Almejava escrever uma história real; não do tipo estereotipado e efêmero que aparecia nas revistas, mas uma obra de arte real. A criação de uma obra-prima assim tornou-se meu ideal. Eu não era um bom escritor, mas isto não se devia totalmente a meus erros no estilo mecânico. Na verdade, a falha estava no meu assunto abordado. Vampiros, lobisomens, carniçais, monstros mitológicos – estas coisas constituíam material de parco mérito. Imagética de lugar-comum, tratamento adjetival corriqueiro, e um ponto de vista prosaicamente antropocêntrico eram os principais detrimentos na produção de uma boa história bizarra.

Devo buscar novos assuntos, material de tramas verdadeiramente incomum. Se pelo menos pudesse conceber algo que fosse teratologicamente inacreditável!
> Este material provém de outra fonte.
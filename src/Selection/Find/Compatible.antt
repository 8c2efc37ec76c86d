-- ===== src/Selection/Find/Compatible.antt =====
-- A composition that is found is one for the type of the resource.
use crossplane_diff.Prelude.{
  ◌≡◌, refl, subst, Bool, true, false, Option, none, some, List, [], ◌∷◌, arith, keep, All,
  Bool-cases, inl, inr,
}
use crossplane_diff.Text.{Text}
use crossplane_diff.GoMap.{GoMap}
use crossplane_diff.Objects.{Fields, is_empty_map}
use crossplane_diff.Objects.Api.{Api, Gvk}
use crossplane_diff.Result.{ok}
use crossplane_diff.Selection.Paths.{Accessors}
use crossplane_diff.Selection.Selector.{Labels}
use crossplane_diff.Selection.State.{
  Composition, ClientState, Stateful, lift, ◌>>=◌, ClusterReads, Yields, then-Yields, from-Yields,
}
use crossplane_diff.Selection.Match.{
  is_composition_compatible, only_one, fits, find_by_type_reference, select_by_labels,
  choose_by_labels, find_by_label_selector,
}
use crossplane_diff.Selection.Find.{
  DefinitionClient, checked, from_revision_or_direct, find_by_direct_reference, find_by_name,
  or_else_find, target_of, id_of, find_for, find_matching_composition,
}

abbrev OfSome {ℓ} : {A : Type ℓ} → (A → Type 0) → Option A → Type 0
OfSome P none = Unit
OfSome P (some a) = P a

kept-All {ℓ} :
    {A : Type ℓ} (P : A → Type 0) (x : A) (rest : List A) (b : Bool)
    → (b ≡ true → P x)
    → All P rest
    → All P (elim b as (λ _. List A) [ true ↦ x ∷ rest | false ↦ rest ])
kept-All P x rest true h g = (h refl, g)
kept-All P x rest false h g = g

keep-All {ℓ} :
    {A : Type ℓ} (P : A → Type 0) (test : A → Bool)
    → ((a : A) → test a ≡ true → P a)
    → (xs : List A) → All P (keep test xs)
keep-All P test h [] = tt
keep-All P test h (x ∷ xs) = kept-All P x (keep test xs) (test x) (h x) (keep-All P test h xs)

only_one-All :
    (P : Composition → Type 0) (m n : Text) (xs : List Composition)
    → All P xs
    → Yields P (lift (only_one m n xs))
unfolding only_one
only_one-All P m n [] h s a e = absurd (ground (arith, e))
only_one-All P m n (x ∷ []) h s a e = subst P (ground (arith, e)) h.0
only_one-All P m n (x ∷ y ∷ ys) h s a e = absurd (ground (arith, e))

none-OfSome : (P : Composition → Type 0) → Yields (OfSome P) (lift (ok none))
none-OfSome P s none e = tt
none-OfSome P s (some c) e = absurd (ground (arith, e))

module _ (api : Api) (cluster : ClusterReads) (target : Gvk) where
  abbrev IsFor : Composition → Type 0
  IsFor comp = is_composition_compatible api target comp ≡ true

  checked-IsFor :
      (m : Text) (comp : Composition) → Yields (OfSome IsFor) (lift (checked api m target comp))
  unfolding checked
  checked-IsFor m comp s none e = tt
  checked-IsFor m comp s (some c) e = ground (arith, e)

  revision_or_direct-IsFor :
      (name resource_id : Text) (comp : Option Composition)
      → Yields (OfSome IsFor) (from_revision_or_direct api cluster name target resource_id comp)
  unfolding from_revision_or_direct
  revision_or_direct-IsFor name resource_id (some comp) = checked-IsFor _ comp
  revision_or_direct-IsFor name resource_id none =
      then-Yields (OfSome IsFor) (λ comp. lift (checked api _ target comp)) _
        (λ comp. checked-IsFor _ comp)

  or_else-IsFor :
      (found : Option Composition) (next : Stateful Composition)
      → OfSome IsFor found
      → Yields IsFor next
      → Yields IsFor (or_else_find found next)
  unfolding or_else_find
  or_else-IsFor (some comp) next h g s a e = subst IsFor (ground (arith, e)) h
  or_else-IsFor none next h g s a e = g s a e

  module _ (at : Accessors) where
    by_type-IsFor : Yields IsFor (find_by_type_reference api at cluster target)
    unfolding find_by_type_reference
    by_type-IsFor = then-Yields IsFor _ _ (λ cached.
        only_one-All IsFor _ _ _
          (keep-All IsFor (is_composition_compatible api target) (λ c e. e) _))

    fits-IsFor :
        (selector : GoMap Text) (comp : Composition)
        → fits api at cluster target selector comp ≡ true
        → IsFor comp
    unfolding fits
    fits-IsFor selector comp e = ground (arith, e)

    wrapped-IsFor :
        (comp : Composition) → IsFor comp → Yields (OfSome IsFor) (lift (ok (some comp)))
    wrapped-IsFor comp h s none e = tt
    wrapped-IsFor comp h s (some c) e = subst IsFor (ground (arith, e)) h

    chosen-IsFor :
        (resource_id : Text) (m : Fields)
        → Yields IsFor (choose_by_labels api at cluster resource_id target m)
    unfolding choose_by_labels
    chosen-IsFor resource_id m =
        then-Yields IsFor _ _
          (λ cached. only_one-All IsFor _ _ _ (keep-All IsFor _ (fits-IsFor _) _))

    by_labels-IsFor :
        (resource_id : Text) (match_labels : Option Fields)
        → Yields (OfSome IsFor) (select_by_labels api at cluster resource_id target match_labels)
    unfolding select_by_labels
    by_labels-IsFor resource_id none s a e = none-OfSome IsFor s a e
    by_labels-IsFor resource_id (some m) s none e = tt
    by_labels-IsFor resource_id (some m) s (some c) e = elim (Bool-cases (is_empty_map m)) [
      | inl empty ↦ absurd (ground (arith, e, empty))
      | inr full ↦
          from-Yields (OfSome IsFor) (λ comp. lift (ok (some comp))) IsFor
            (choose_by_labels api at cluster resource_id target m) (chosen-IsFor resource_id m)
            wrapped-IsFor s (some c) (ground (arith, e, full))
    ]

    label_selector-IsFor :
        (xrd res : Fields) (resource_id : Text)
        → Yields (OfSome IsFor) (find_by_label_selector api at cluster xrd res target resource_id)
    unfolding find_by_label_selector
    label_selector-IsFor xrd res resource_id =
        then-Yields (OfSome IsFor) _ _ (by_labels-IsFor resource_id)

module _ {Expression Selector : Type 0} (labels : Labels Expression Selector) (api : Api)
    (at : Accessors) (cluster : ClusterReads) (definitions : DefinitionClient) where
  by_name-IsFor :
      (xrd res : Fields) (target : Gvk) (resource_id : Text) (name : Option Text)
      → Yields
          (OfSome (IsFor api cluster target))
          (find_by_name labels api at cluster xrd res target resource_id name)
  unfolding find_by_name
  by_name-IsFor xrd res target resource_id none = none-OfSome (IsFor api cluster target)
  by_name-IsFor xrd res target resource_id (some name) =
      then-Yields (OfSome (IsFor api cluster target))
        (λ comp. from_revision_or_direct api cluster name target resource_id comp) _
        (revision_or_direct-IsFor api cluster target name resource_id)

  direct-IsFor :
      (xrd res : Fields) (target : Gvk) (resource_id : Text)
      → Yields
          (OfSome (IsFor api cluster target))
          (find_by_direct_reference labels api at cluster xrd res target resource_id)
  unfolding find_by_direct_reference
  direct-IsFor xrd res target resource_id = by_name-IsFor xrd res target resource_id _

  find_for-IsFor :
      (res xrd : Fields) (target : Gvk)
      → Yields
          (IsFor api cluster target)
          (find_for labels api at cluster definitions res (xrd, target))
  unfolding find_for
  find_for-IsFor res xrd target =
      let id = id_of labels api at cluster definitions res in
      let by_type = find_by_type_reference api at cluster target in
      let rest : Stateful Composition =
        find_by_label_selector api at cluster xrd res target id
        >>= (λ selected. or_else_find selected by_type) in
      let rest_for : Yields (IsFor api cluster target) rest =
        from-Yields (IsFor api cluster target) (λ selected. or_else_find selected by_type)
          (OfSome (IsFor api cluster target)) _
          (label_selector-IsFor api cluster target at xrd res id)
          (λ selected h.
            or_else-IsFor api cluster target selected by_type h
              (by_type-IsFor api cluster target at)) in
      from-Yields (IsFor api cluster target) (λ direct. or_else_find direct rest)
        (OfSome (IsFor api cluster target)) _ (direct-IsFor xrd res target id)
        (λ direct h. or_else-IsFor api cluster target direct rest h rest_for)

  -- Every composition that FindMatchingComposition returns, by a direct reference, a revision, a
  -- label selector or the type alone, is for the type that the resource's XRD gives.
  pub find_matching_composition-IsFor :
      (res xrd : Fields) (target : Gvk)
      → target_of labels api at cluster definitions res
          (id_of labels api at cluster definitions res)
        ≡ ok (xrd, target)
      → (s : ClientState) (comp : Composition)
      → (find_matching_composition labels api at cluster definitions res s).1 ≡ ok comp
      → is_composition_compatible api target comp ≡ true
  unfolding find_matching_composition
  find_matching_composition-IsFor res xrd target h s comp e =
      find_for-IsFor res xrd target s comp (rw h at e)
Ansiava aprender as canções que os demônios cantam quando rodopiam entre as estrelas, ou ouvir as vozes dos deuses mais antigos quando sussurram seus segredos ao vazio ecoante. Almejava conhecer os terrores do túmulo; o beijo das larvas em minha língua, a fria carícia de uma mortalha apodrecida sobre meu corpo. Tinha sede do conhecimento encontrado nos poços de olhos mumificados, e queimava pela sabedoria conhecida apenas pelo verme. E então poderia de fato escrever, e ter minhas esperanças genuinamente realizadas.

Busquei uma forma. Quietamente, comecei a trocar correspondências com pensadores e sonhadores isolados, de todo o país. Havia um eremita nas colinas a oeste, um sábio nas florestas ao norte, um sonhador místico na Nova Inglaterra. Foi deste último que aprendi sobre os antigos livros que detém estranha sabedoria. Ele citava reservadamente o lendário Necronomicon, e falava timidamente de um certo Livro de Eibon, que tinha a reputação de superar o primeiro no caráter totalmente selvagem de suas blasfêmias. O místico em si havia sido estudante desses volumes de temor primordial, mas não gostava da ideia de me ver pesquisando longe demais. Ele ouvira muitas coisas estranhas quando garoto na cidade de Arkham, assombrada pelas bruxas, onde as antigas sombras ainda espreitam e caminham furtivas, e desde então havia sabiamente evitado o conhecimento mais sombrio e proibido.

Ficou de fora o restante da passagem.